Risk indicators for acute kidney injury in cardiogenic shock.

机构信息

Department of Intensive Care Adults, Erasmus University Medical Center, Dr. Molewaterplein 40, 3015GD, Rotterdam, the Netherlands.

Department of Intensive Care Adults, Erasmus University Medical Center, Dr. Molewaterplein 40, 3015GD, Rotterdam, the Netherlands; Division of Pulmonary, Allergy and Critical Care, Columbia University Medical Center, New York, NY, USA; Division of Pulmonary, Critical Care and Sleep Medicine, New York University Langone-Bellevue Hospital, New York, NY, USA; Department of Intensive Care, Pontificia Universidad Católica de Chile, Santiago, Chile.

出版信息

J Crit Care. 2019 Apr;50:11-16. doi: 10.1016/j.jcrc.2018.11.004. Epub 2018 Nov 10.

Abstract

PURPOSE

In critical illness, the relation between the macrocirculation, microcirculation and organ dysfunction, such as acute kidney injury (AKI), is complex. This study aimed at identifying predictors for AKI in patients with cardiogenic shock.

MATERIALS AND METHODS

Thirty-nine adult cardiogenic shock patients, with an admission creatinine <200 μmol l, and whose microcirculation was measured within 48 h were enrolled. Patient data were analyzed if AKI stage ≥1 developed according to the Kidney Disease/Improving Outcomes classification within 48 h after admission. Variables with a p < .05 in the univariate analysis were considered for analysis with logistic regression.

RESULTS

Twenty-four patients (61.5%) developed AKI within 48 h. The group that developed AKI had higher central venous pressures (CVP), lower diastolic arterial blood pressures and mean perfusion pressures, higher maximum ventilator pressures as well as positive end expiratory pressures and were treated with higher dosages of dobutamine. There was no difference of the microcirculation.

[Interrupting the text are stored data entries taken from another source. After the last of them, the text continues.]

-- ===== src/Nanopb/Wire/Takes.antt =====
-- Reading varints, tags and the values of fields never adds to `bytes_left` of the stream, and a tag
-- takes a byte at least (pb_decode.c).
use social_timeline.Common.{ℕ, zero, suc, ◌+◌, ◌-◌, ◌/◌, ◌^◌, ◌≤◌, ◌<◌, arith}
use social_timeline.Common.{
  Bool, true, false, List, [], ◌∷◌, ◌++◌, ltb, leb, ◌==◌, ◌&&◌, if◌then◌else◌, if-cases, bit_and,
  bit_or, u8, u32, u64, ◌<<<◌,
}
use native.Mathlib.Nat.{le_refl, le_trans}
use social_timeline.Nanopb.Outcome.{Errmsg, Outcome, ok, fail, left}
use social_timeline.Nanopb.Outcome.Takes.{
  Takes, takes, at_most, Takes-bind, Takes-if, Takes-either, Takes-test, Takes-pure,
}
use social_timeline.Nanopb.Istream
use social_timeline.Nanopb.Istream.{Istream, pb_read, pb_skip, pb_readbyte}
use social_timeline.Nanopb.Istream.Takes.{
  bytes_left, return_error-Takes, pb_read-Takes, pb_skip-Takes, first_byte-Takes, pb_readbyte-Takes,
  TakesSome, lt-TakesSome, pb_readbyte-TakesSome,
}
use social_timeline.Nanopb.Varint.{
  varint_loop, pb_decode_varint, overflows32, varint32_loop, after_first, pb_decode_varint32_eof,
  pb_decode_varint32, skip_varint_loop, pb_skip_varint, pb_decode_svarint,
}
use social_timeline.Nanopb.Wire.{
  pb_decode_fixed32, pb_decode_fixed64, Tag, after_tag, pb_decode_tag, pb_skip_string,
  pb_skip_field, wt_varint, wt_64bit, wt_string, wt_32bit, cut_substream, pb_make_string_substream,
  raw_varint, read_raw_value,
}

module _ {S : Type 0} where
  varint_loop-Takes :
      (fuel bitpos result : ℕ) → Takes (bytes_left {S = S}) (varint_loop fuel bitpos result)
  unfolding varint_loop
  varint_loop-Takes zero bitpos result = return_error-Takes Errmsg.varint_overflow
  varint_loop-Takes (suc fuel) bitpos result =
      Takes-either (leb 64 bitpos) (return_error-Takes Errmsg.varint_overflow) (
        Takes-bind pb_readbyte-Takes λ byte.
          let result' = bit_or result (u64 (bit_and byte 0x7f <<< bitpos)) in
          Takes-either (bit_and byte 0x80 == 0) (Takes-pure result')
            (varint_loop-Takes fuel (u8 (bitpos + 7)) result'))

  pub pb_decode_varint-Takes : Takes (bytes_left {S = S}) pb_decode_varint
  unfolding pb_decode_varint
  pb_decode_varint-Takes = varint_loop-Takes 11 0 0

  pub pb_decode_svarint-Takes : Takes (bytes_left {S = S}) pb_decode_svarint
  unfolding pb_decode_svarint
  pb_decode_svarint-Takes = Takes-bind pb_decode_varint-Takes (λ value. Takes-pure _)

  varint32_loop-Takes :
      (fuel bitpos result : ℕ) → Takes (bytes_left {S = S}) (varint32_loop fuel bitpos result)
  unfolding varint32_loop
  varint32_loop-Takes zero bitpos result = return_error-Takes Errmsg.end_of_stream
  varint32_loop-Takes (suc fuel) bitpos result = Takes-bind pb_readbyte-Takes λ byte.
      let result' =
        if leb 32 bitpos then result else bit_or result (u32 (bit_and byte 0x7f <<< bitpos)) in
      Takes-either (leb 32 bitpos && overflows32 byte bitpos result)
        (return_error-Takes Errmsg.varint_overflow)
        (Takes-either (bit_and byte 0x80 == 0)
          (Takes-either (u8 (bitpos + 7) == 35 && (if bit_and byte 0x70 == 0 then false else true))
            (return_error-Takes Errmsg.varint_overflow) (Takes-pure result'))
          (varint32_loop-Takes fuel (u8 (bitpos + 7)) result'))

  pub pb_decode_fixed32-Takes : Takes (bytes_left {S = S}) pb_decode_fixed32
  unfolding pb_decode_fixed32
  pb_decode_fixed32-Takes = Takes-bind (pb_read-Takes 4) (λ bytes. Takes-pure _)

  pub pb_decode_fixed64-Takes : Takes (bytes_left {S = S}) pb_decode_fixed64
  unfolding pb_decode_fixed64
  pb_decode_fixed64-Takes = Takes-bind (pb_read-Takes 8) (λ bytes. Takes-pure _)

  after_first-Takes :
      (n : ℕ) (o : Outcome (Istream S) ℕ)
      → bytes_left (left o) ≤ n
      → bytes_left (left (after_first o).0) ≤ n
  unfolding after_first
  after_first-Takes n (fail s) h = h
  after_first-Takes n (ok byte s) h =
      le_trans
        (at_most
          (Takes-either (bit_and byte 0x80 == 0) (Takes-pure byte)
            (varint32_loop-Takes s.bytes_left 7 (bit_and byte 0x7f)))
          s)
        h

  pub pb_decode_varint32-Takes : Takes (bytes_left {S = S}) pb_decode_varint32
  unfolding pb_decode_varint32 pb_decode_varint32_eof
  pb_decode_varint32-Takes =
      takes λ s. after_first-Takes s.bytes_left (pb_readbyte s) (at_most pb_readbyte-Takes s)

  skip_varint_loop-Takes : (fuel : ℕ) → Takes (bytes_left {S = S}) (skip_varint_loop fuel)
  unfolding skip_varint_loop
  skip_varint_loop-Takes zero = return_error-Takes Errmsg.end_of_stream
  skip_varint_loop-Takes (suc fuel) =
      Takes-bind (Takes-bind (pb_read-Takes 1) first_byte-Takes)
        λ byte. Takes-either (bit_and byte 0x80 == 0) (Takes-pure tt) (skip_varint_loop-Takes fuel)

  pub pb_skip_field-Takes : (wire_type : ℕ) → Takes (bytes_left {S = S}) (pb_skip_field wire_type)
  unfolding pb_skip_field pb_skip_varint pb_skip_string
  pb_skip_field-Takes wire_type =
      Takes-if (wire_type == wt_varint)
        (takes λ s. at_most (skip_varint_loop-Takes (s.bytes_left + 1)) s)
        (Takes-if (wire_type == wt_64bit) (Takes-bind (pb_skip-Takes 8) (λ _. Takes-pure tt)) (
          Takes-if (wire_type == wt_string)
            (Takes-bind pb_decode_varint32-Takes
              λ length. Takes-bind (pb_skip-Takes length) (λ _. Takes-pure tt))
            (Takes-if (wire_type == wt_32bit) (Takes-bind (pb_skip-Takes 4) (λ _. Takes-pure tt))
              (return_error-Takes Errmsg.invalid_wire_type))))

  cut_substream-Takes : (size : ℕ) → Takes (bytes_left {S = S}) (cut_substream size)
  unfolding cut_substream
  cut_substream-Takes size =
      Takes-test (λ s. ltb s.bytes_left size) (Istream.return_error Errmsg.parent_stream_too_short)
        (λ s. ok (record s { bytes_left = size }) (record s { bytes_left = s.bytes_left - size }))
        (return_error-Takes Errmsg.parent_stream_too_short) (takes λ s. omega arith)

  pub pb_make_string_substream-Takes : Takes (bytes_left {S = S}) pb_make_string_substream
  unfolding pb_make_string_substream
  pb_make_string_substream-Takes = Takes-bind pb_decode_varint32-Takes cut_substream-Takes

  raw_varint-Takes : (room : ℕ) (buf : List ℕ) → Takes (bytes_left {S = S}) (raw_varint room buf)
  unfolding raw_varint
  raw_varint-Takes zero buf = takes λ s. le_refl s.bytes_left
  raw_varint-Takes (suc room) buf =
      Takes-bind (Takes-bind (pb_read-Takes 1) first_byte-Takes) λ byte.
        Takes-either (bit_and byte 0x80 == 0) (Takes-pure (buf ++ (byte ∷ [])))
          (raw_varint-Takes room (buf ++ (byte ∷ [])))

  pub read_raw_value-Takes :
      (wire_type max_size : ℕ) → Takes (bytes_left {S = S}) (read_raw_value wire_type max_size)
  unfolding read_raw_value
  read_raw_value-Takes wire_type max_size =
      Takes-if (wire_type == wt_varint) (raw_varint-Takes max_size []) (
        Takes-if (wire_type == wt_64bit) (pb_read-Takes 8) (
          Takes-if (wire_type == wt_32bit) (pb_read-Takes 4)
            (return_error-Takes Errmsg.invalid_wire_type)))

  after_first-TakesSome :
      (n : ℕ) (o : Outcome (Istream S) ℕ) → TakesSome n o → TakesSome n (after_first o).0
  unfolding after_first
  after_first-TakesSome n (fail s) h = tt
  after_first-TakesSome n (ok byte s) h =
      let more = varint32_loop s.bytes_left 7 (bit_and byte 0x7f) s in
      lt-TakesSome n (if bit_and byte 0x80 == 0 then ok byte s else more) (
        le_lt
          (at_most
            (Takes-either (bit_and byte 0x80 == 0) (Takes-pure byte)
              (varint32_loop-Takes s.bytes_left 7 (bit_and byte 0x7f)))
            s)
          h)
    where
      le_lt : {a b c : ℕ} → a ≤ b → b < c → a < c
      le_lt h h' = omega arith

  after_tag-TakesSome :
      (n : ℕ) (o : Outcome (Istream S) ℕ × Bool) → TakesSome n o.0 → TakesSome n (after_tag o).0
  unfolding after_tag
  after_tag-TakesSome n (fail s, eof) h = tt
  after_tag-TakesSome n (ok temp s, eof) h =
      if-cases (λ (o : Outcome (Istream S) Tag × Bool). TakesSome n o.0) (temp == 0) (fail s, true)
        (ok (record { wire_type = bit_and temp 7; tag = temp / 2 ^ 3 }) s, eof) tt h

  pub pb_decode_tag-TakesSome : (s : Istream S) → TakesSome s.bytes_left (pb_decode_tag s).0
  unfolding pb_decode_tag pb_decode_varint32_eof
  pb_decode_tag-TakesSome s =
      after_tag-TakesSome s.bytes_left (after_first (pb_readbyte s))
        (after_first-TakesSome s.bytes_left (pb_readbyte s) (pb_readbyte-TakesSome s))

In the multivariate logistic regression analysis, CVP was the only independent predictor for AKI (OR 1.241; 95% CI 1.030-1.495; p = .023).

CONCLUSIONS

In this population of patients with cardiogenic shock, CVP was associated with the development of AKI.

摘要

目的

在危重病中,宏观循环、微循环与器官功能障碍(如急性肾损伤[AKI])之间的关系很复杂。本研究旨在确定心源性休克患者发生 AKI 的预测因素。

材料与方法

纳入 39 例成人心源性休克患者,入院时肌酐<200μmol/L,且在 48 小时内测量了微循环。如果在入院后 48 小时内根据肾脏疾病/改善预后分类达到 AKI 分期≥1,则对患者数据进行分析。单因素分析中 p<0.05 的变量将进行逻辑回归分析。

结果

24 例患者(61.5%)在 48 小时内发生 AKI。发生 AKI 的组中心静脉压(CVP)更高,舒张压和平均灌注压更低,最大呼吸机压力以及呼气末正压更高,并且多巴酚丁胺的用量更高。微循环没有差异。在多变量逻辑回归分析中,CVP 是 AKI 的唯一独立预测因素(OR 1.241;95%CI 1.030-1.495;p=0.023)。

结论

在心源性休克患者中,CVP 与 AKI 的发生相关。